There's a long list of suspicious things that could be something or nothing but I have checked on her pretty good and I've come up with nothing.

I suck at sleuthing though.


----------



## babypanda (Feb 16, 2012)

river rat said:


> Panda, whether or not she is having PA, there's definitely something dishonest going on. You can choose to ignore it (rugsweep), or deal w/ it. Believe me ignoring will eventually break you. You can follow the advice of the folks here and snoop to find out exactly what's going on, or if you have qualms about snooping, assume the worst and terminate the marriage. Living under these circumstances is not healthy.
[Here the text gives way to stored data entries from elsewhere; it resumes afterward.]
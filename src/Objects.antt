-- ===== src/Objects.antt =====
-- The class `object`, its factories and `class_definition` of include/pipeforge/domain.hpp, and the
-- limits of the domain. A class of objects is whatever code a server registers: its states and its
-- methods are the arguments `Obj` and `ObjectClass` of all that uses them.
use stream_labs_test_assingm.Base.{ℕ, ◌*◌, ◌/◌, Bool, List, Option}
use stream_labs_test_assingm.Base.Text.{Text}
use stream_labs_test_assingm.Base.Result.{Result}
use stream_labs_test_assingm.Contracts.{
  Value, NamedValue, RemoteError, ClassDescription, max_payload_bytes,
}

abbrev pub max_stored_values : ℕ
max_stored_values = 100

abbrev pub max_stored_objects : ℕ
max_stored_objects = 100

abbrev pub max_session_bytes : ℕ
max_session_bytes = 8 * 1024 * 1024

abbrev pub max_object_state_bytes : ℕ
max_object_state_bytes = max_payload_bytes / 2

abbrev pub record_charge : ℕ
record_charge = 128

-- `clone` may break its contract and return null; `invoke` changes the object that it is called on.
pub record ObjectClass (Obj : Type 0) : Type 0 where
  pub clone : Obj → Option Obj
  pub state : Obj → List NamedValue
  pub invoke : Obj → Text → List NamedValue → Obj × Result RemoteError Value

-- A factory may break its contract and return a null pointer.
abbrev pub ObjectFactory : Type 0 → Type 0
ObjectFactory Obj = List NamedValue → Result RemoteError (Option Obj)

-- `create` is a std::function: `callable` says that it holds a target.
pub record ClassDefinition (Obj : Type 0) : Type 0 where
  pub description : ClassDescription
  pub callable : Bool
  pub create : ObjectFactory Obj
  pub max_state_bytes : ℕ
I had asked her to take a polygraph, she of course flew off the handle about how wrong it is and while I do agree it's an extreme measure I figured it was basically something I'd accept if someone I loved was this torn up and wondering, that is if I had nothing to hide.

I agree I am leaning towards getting it over with, it's probably done.


----------



## Chaparral (Jul 17, 2011)

She told you she doesn't love you. There aren't a lot of reasons she would want private time in your bedroom, ( I've never heard of that) and she cut you off sexually. Time to talk to a lawyer. Tell her to move to the guest bedroom, do the 180. 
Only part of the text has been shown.